West Suffolk MP Matt Hancock says prisoner release was considered at start of Covid pandemic
A plan to release thousands of prisoners was considered during the Covid-19 lockdown, according to Matt Hancock’s diaries.
The details, first reported by the Daily Mail which is serialising the former health secretary’s journals, come as Mr Hancock returns to Westminster after his stint on ITV’s I’m A Celebrity… Get Me Out Of Here!
The West Suffolk MP, who was one of the key figures in government as the country navigated the pandemic, reveals in his diaries that the Ministry of Justice proposed to release prisoners amid concerns about the spread of the virus.
In a diary entry on March 17, he wrote: “A bonkers proposal from the Ministry of Justice to let prisoners out, as they’d be easier to manage if they’re not in prison.
“Yes, really: they actually thought this might be a goer. I was emphasising [my opposition] so hard that all of a sudden my chair could take the strain no longer and ripped, tipping me unceremoniously on to the floor.'”
Later on April 3, he wrote: “Officials are still insisting that Justice Secretary Rob Buckland wants to release thousands of non-violent prisoners to take the pressure off the system. I keep writing ‘NO’ in large letters on submissions asking me to sign this off.
“It’s obvious the public won’t wear it, yet the idea keeps going back and forth on paper.
“After about the third iteration, I called Rob Buckland, who to my astonishment told me he’d been advised that I was the one who wanted to release them.
“Unfortunately, this still wasn’t the end of the matter. Clearly someone in Whitehall still thought it was a good idea and kept pushing it, to the point that the PM asked to talk to us both. I made my views crystal clear.
“We cannot lock up literally everyone in the country except prisoners, who we instead release, I spluttered.”

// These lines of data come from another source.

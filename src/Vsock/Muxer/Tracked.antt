-- ===== src/Vsock/Muxer/Tracked.antt =====
-- The RX queue and the connections of `VsockMuxer`, src/devices/src/virtio/vsock/unix/muxer.rs.
use mathlib.Core.Bool.{true≢false}
use mathlib.Core.Path.{subst}
use mathlib.Core.Option.{none-ne-some}
use firecracker.Base.{
  ℕ, ◌≤◌, ◌≡◌, ◌⊎◌, inl, inr, refl, ap, sym, ◌∙◌, Bool, true, false, none, some, List, [], ◌∷◌,
  ◌++◌, length, Bool-cases, arith,
}
use firecracker.Base.Maps.{get, insert, remove, get-insert, get-remove, length-remove}
use firecracker.Vsock.RxQ.{
  ConnMapKey, MuxerRx, conn_rx, rst_pkt, MuxerRxQ, is_full, push_over, push-IsPushed, pending,
  from_conn_map, from_conn_map-IsBuilt, pop,
}
use firecracker.Vsock.RxQ
use firecracker.Vsock.Connection.{VsockConnection, has_pending_rx}
use firecracker.Vsock.Muxer.{same_key, same_key_iff, key_eq, max_connections, rx_walk}
use firecracker.Vsock.Muxer.Sound.{IsSound}
use firecracker.Vsock.Muxer.Queued.{
  Queued, Queued-append, length-append-conn, append_assoc, OnConn, pop-tail, queued, dropped,
}

-- The connections and the queue, of which `front` is left out: where the queue is synchronized, the
-- rest of it has the key of each connection that has something pending.
pub record IsTracked {S : Type 0} (front : List MuxerRx)
    (conns : List (ConnMapKey × VsockConnection S)) (r : MuxerRxQ) : Type 0 where
  pub rest : List MuxerRx
  pub parts : r.q ≡ front ++ rest
  pub bounded : length r.q ≤ RxQ.size
  pub few : length conns ≤ max_connections
  pub sound : (key : ConnMapKey) (c : VsockConnection S) → get key conns ≡ some c → IsSound c
  pub tracked :
      r.synced ≡ true
      → (key : ConnMapKey) (c : VsockConnection S) → get key conns ≡ some c
      → has_pending_rx c ≡ true
      → Queued key rest

pub some_inj : {A : Type 0} {x y : A} → some x ≡ some y → x ≡ y
some_inj {A} {x} e = ap (λ o. elim o [ none ↦ x | some z ↦ z ]) e

module _ {S : Type 0} where
  -- The connection at a key after an insertion is the new one, or what was there.
  pub get-insert_cases :
      (i key : ConnMapKey) (c c' : VsockConnection S)
      (conns : List (ConnMapKey × VsockConnection S))
      → get i (insert key c' conns) ≡ some c
      → ((key ≡ i) × (c' ≡ c)) ⊎ (get i conns ≡ some c)
  get-insert_cases i key c c' conns h = elim (Bool-cases (same_key key i)) [
    | inl t ↦
        inl ((same_key_iff key i).0 t, some_inj (sym (get-insert i key c' conns ∙ rw t refl) ∙ h))
    | inr t ↦ inr (sym (get-insert i key c' conns ∙ rw t refl) ∙ h)
  ]

  pub get-insert_same :
      (key : ConnMapKey) (c : VsockConnection S) (conns : List (ConnMapKey × VsockConnection S))
      → get key (insert key c conns) ≡ some c
  get-insert_same key c conns = get-insert key key c conns ∙ rw ((same_key_iff key key).1 refl) refl

  pub get-insert_other :
      (i key : ConnMapKey) (c : VsockConnection S) (conns : List (ConnMapKey × VsockConnection S))
      → same_key key i ≡ false
      → get i (insert key c conns) ≡ get i conns
  get-insert_other i key c conns t = get-insert i key c conns ∙ rw t refl

  -- A connection that is inserted, queued where it has something pending.
  pub insert-IsTracked :
      (front : List MuxerRx) (key : ConnMapKey) (c : VsockConnection S)
      (conns : List (ConnMapKey × VsockConnection S)) (r : MuxerRxQ) (k : IsTracked front conns r)
      → IsSound c
      → length (insert key c conns) ≤ max_connections
      → (r.synced ≡ true → has_pending_rx c ≡ true → Queued key k.rest)
      → IsTracked front (insert key c conns) r
  insert-IsTracked front key c conns r k s l q = record {
    rest = k.rest;
    parts = k.parts;
    bounded = k.bounded;
    few = l;
    sound = λ i d h. elim (get-insert_cases i key d c conns h) [
      | inl (e, f) ↦ subst IsSound f s
      | inr h' ↦ k.sound i d h'
    ];
    tracked = λ t i d h p. elim (get-insert_cases i key d c conns h) [
      | inl (e, f) ↦
          subst (λ j. Queued j k.rest) e
            (q t (subst (λ (x : VsockConnection S). has_pending_rx x ≡ true) (sym f) p))
      | inr h' ↦ k.tracked t i d h' p
    ];
  }

  pub remove-IsTracked :
      (key : ConnMapKey) (conns : List (ConnMapKey × VsockConnection S)) (r : MuxerRxQ)
      → IsTracked [] conns r
      → IsTracked [] (remove key conns) r
  remove-IsTracked key conns r k = record {
    rest = k.rest;
    parts = k.parts;
    bounded = k.bounded;
    few = omega (arith, k.few, length-remove key conns);
    sound = λ i d h. k.sound i d (kept i d h);
    tracked = λ t i d h p. k.tracked t i d (kept i d h) p;
  }
    where
      kept :
          (i : ConnMapKey) (d : VsockConnection S)
          → get i (remove key conns) ≡ some d
          → get i conns ≡ some d
      kept i d h = elim (Bool-cases (same_key key i)) [
        | inl t ↦ absurd (none-ne-some d (sym (get-remove i key conns ∙ rw t refl) ∙ h))
        | inr t ↦ sym (get-remove i key conns ∙ rw t refl) ∙ h
      ]

  -- A push keeps what is tracked, and the new item is queued where the queue is synchronized.
  pub conn-IsTracked :
      (front : List MuxerRx) (key : ConnMapKey) (conns : List (ConnMapKey × VsockConnection S))
      (r r' : MuxerRxQ)
      → OnConn key r r'
      → IsTracked front conns r
      → (k : IsTracked front conns r') × (r'.synced ≡ true → Queued key k.rest)
  conn-IsTracked front key conns r _ (queued s lt) k = (
    record {
      rest = k.rest ++ conn_rx key ∷ [];
      parts =
          ap (λ (t : List MuxerRx). t ++ conn_rx key ∷ []) k.parts
          ∙ append_assoc front k.rest (conn_rx key ∷ []);
      bounded = omega (arith, lt, length-append-conn r.q (conn_rx key));
      few = k.few;
      sound = k.sound;
      tracked = λ t i d h p. Queued-append i k.rest (conn_rx key ∷ []) (inl (k.tracked t i d h p));
    },
    λ t. Queued-append key k.rest (conn_rx key ∷ []) (inr (inl refl)),
  )
  conn-IsTracked front key conns r _ dropped k = (
    record {
      rest = k.rest;
      parts = k.parts;
      bounded = k.bounded;
      few = k.few;
      sound = k.sound;
      tracked = λ t. absurd (true≢false (sym t));
    },
    λ t. absurd (true≢false (sym t)),
  )

  pub rst-IsTracked :
      (l p : ℕ) (conns : List (ConnMapKey × VsockConnection S)) (r : MuxerRxQ)
      → IsTracked [] conns r
      → IsTracked [] conns (RxQ.push (rst_pkt l p) r).1
  rst-IsTracked l p conns r k =
      let o = RxQ.push (rst_pkt l p) r in
      let pushed = push-IsPushed (rst_pkt l p) r k.bounded in
      record {
        rest = o.1.q;
        parts = refl;
        bounded = pushed.bounded;
        few = k.few;
        sound = k.sound;
        tracked = λ t i d h f. elim (pushed.kept t) [
          | inl e ↦
              subst (λ (x : Bool × MuxerRxQ). Queued i x.1.q) (sym e)
                (Queued-append i r.q (rst_pkt l p ∷ []) (
                  inl (
                    subst (Queued i) (sym k.parts) (
                      k.tracked (subst (λ (x : Bool × MuxerRxQ). x.1.synced ≡ true) e t) i d h f))))
          | inr (e, g) ↦
              subst (λ (x : Bool × MuxerRxQ). Queued i x.1.q) (sym e)
                (subst (Queued i) (sym k.parts)
                  (k.tracked (subst (λ (x : Bool × MuxerRxQ). x.1.synced ≡ true) e t) i d h f))
        ];
      }

  -- The key at the head of the queue may go where its connection has nothing pending.
  pub head-IsTracked :
      (key : ConnMapKey) (xs : List MuxerRx) (conns : List (ConnMapKey × VsockConnection S))
      (r : MuxerRxQ)
      → r.q ≡ conn_rx key ∷ xs
      → ((c : VsockConnection S) → get key conns ≡ some c → has_pending_rx c ≡ false)
      → IsTracked [] conns r
      → IsTracked (conn_rx key ∷ []) conns r
  head-IsTracked key xs conns r e quiet k = record {
    rest = xs;
    parts = e;
    bounded = k.bounded;
    few = k.few;
    sound = k.sound;
    tracked = λ t i d h f. elim (subst (Queued i) (sym k.parts ∙ e) (k.tracked t i d h f)) [
      | inl same ↦
          absurd (true≢false (sym f ∙ quiet d (subst (λ j. get j conns ≡ some d) (sym same) h)))
      | inr q ↦ q
    ];
  }

  pub tail-IsTracked :
      (x : MuxerRx) (conns : List (ConnMapKey × VsockConnection S)) (r : MuxerRxQ)
      → IsTracked (x ∷ []) conns r
      → IsTracked [] conns (pop r).1
  tail-IsTracked x conns r k =
      subst (IsTracked [] conns) (sym (pop-tail r x k.rest k.parts)) (record {
        rest = k.rest;
        parts = refl;
        bounded = omega (arith, k.bounded, ap length k.parts);
        few = k.few;
        sound = k.sound;
        tracked = k.tracked;
      })

  -- A reset at the head of the queue.
  pub reset-IsTracked :
      (l p : ℕ) (xs : List MuxerRx) (conns : List (ConnMapKey × VsockConnection S)) (r : MuxerRxQ)
      → r.q ≡ rst_pkt l p ∷ xs
      → IsTracked [] conns r
      → IsTracked (rst_pkt l p ∷ []) conns r
  reset-IsTracked l p xs conns r e k = record {
    rest = xs;
    parts = e;
    bounded = k.bounded;
    few = k.few;
    sound = k.sound;
    tracked = λ t i d h f. subst (Queued i) (sym k.parts ∙ e) (k.tracked t i d h f);
  }

  walk-Queued :
      (key : ConnMapKey) (c : VsockConnection S) (conns : List (ConnMapKey × VsockConnection S))
      → get key conns ≡ some c
      → has_pending_rx c ≡ true
      → Queued key (pending (rx_walk conns))
  unfolding get rx_walk
  walk-Queued key c [] h f = absurd (none-ne-some c h)
  walk-Queued key c ((j, d) ∷ conns) h f = elim (Bool-cases (same_key j key)) [
    | inl t ↦
        let e : has_pending_rx d ≡ true =
          subst (λ (x : VsockConnection S). has_pending_rx x ≡ true) (sym (some_inj (rw t at h)))
            f in
        rw e (inl ((same_key_iff j key).0 t))
    | inr t ↦ later (has_pending_rx d) (walk-Queued key c conns (rw t at h) f)
  ]
    where
      later :
          (b : Bool)
          → Queued key (pending (rx_walk conns))
          → Queued key (pending ((j, b) ∷ rx_walk conns))
      later true h = inr h
      later false h = h

  pub built-IsTracked :
      (conns : List (ConnMapKey × VsockConnection S)) (r : MuxerRxQ)
      → IsTracked [] conns r
      → IsTracked [] conns (from_conn_map (rx_walk conns))
  built-IsTracked conns r k =
      let b = from_conn_map-IsBuilt (rx_walk conns) in
      record {
        rest = (from_conn_map (rx_walk conns)).q;
        parts = refl;
        bounded = omega (arith, b.bounded);
        few = k.few;
        sound = k.sound;
        tracked = λ t i d h f. subst (Queued i) (sym (b.all_of_them t)) (walk-Queued i d conns h f);
      }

A Ministry of Justice spokesperson said: “HMPPS moved to protect the NHS during the pandemic through the limited release of a very small number of low-level, tagged and risk-assessed prisoners just weeks before they were due to leave prison anyway.
“This was successful in avoiding the thousands of prison deaths predicted by Public Health England.”
According to the paper, Mr Hancock wrote in the prologue to the diaries: “I am proud of what we achieved, especially on the vaccine.
“But there is much to learn for the next public health crisis of this kind, which I am sure will happen in my lifetime.”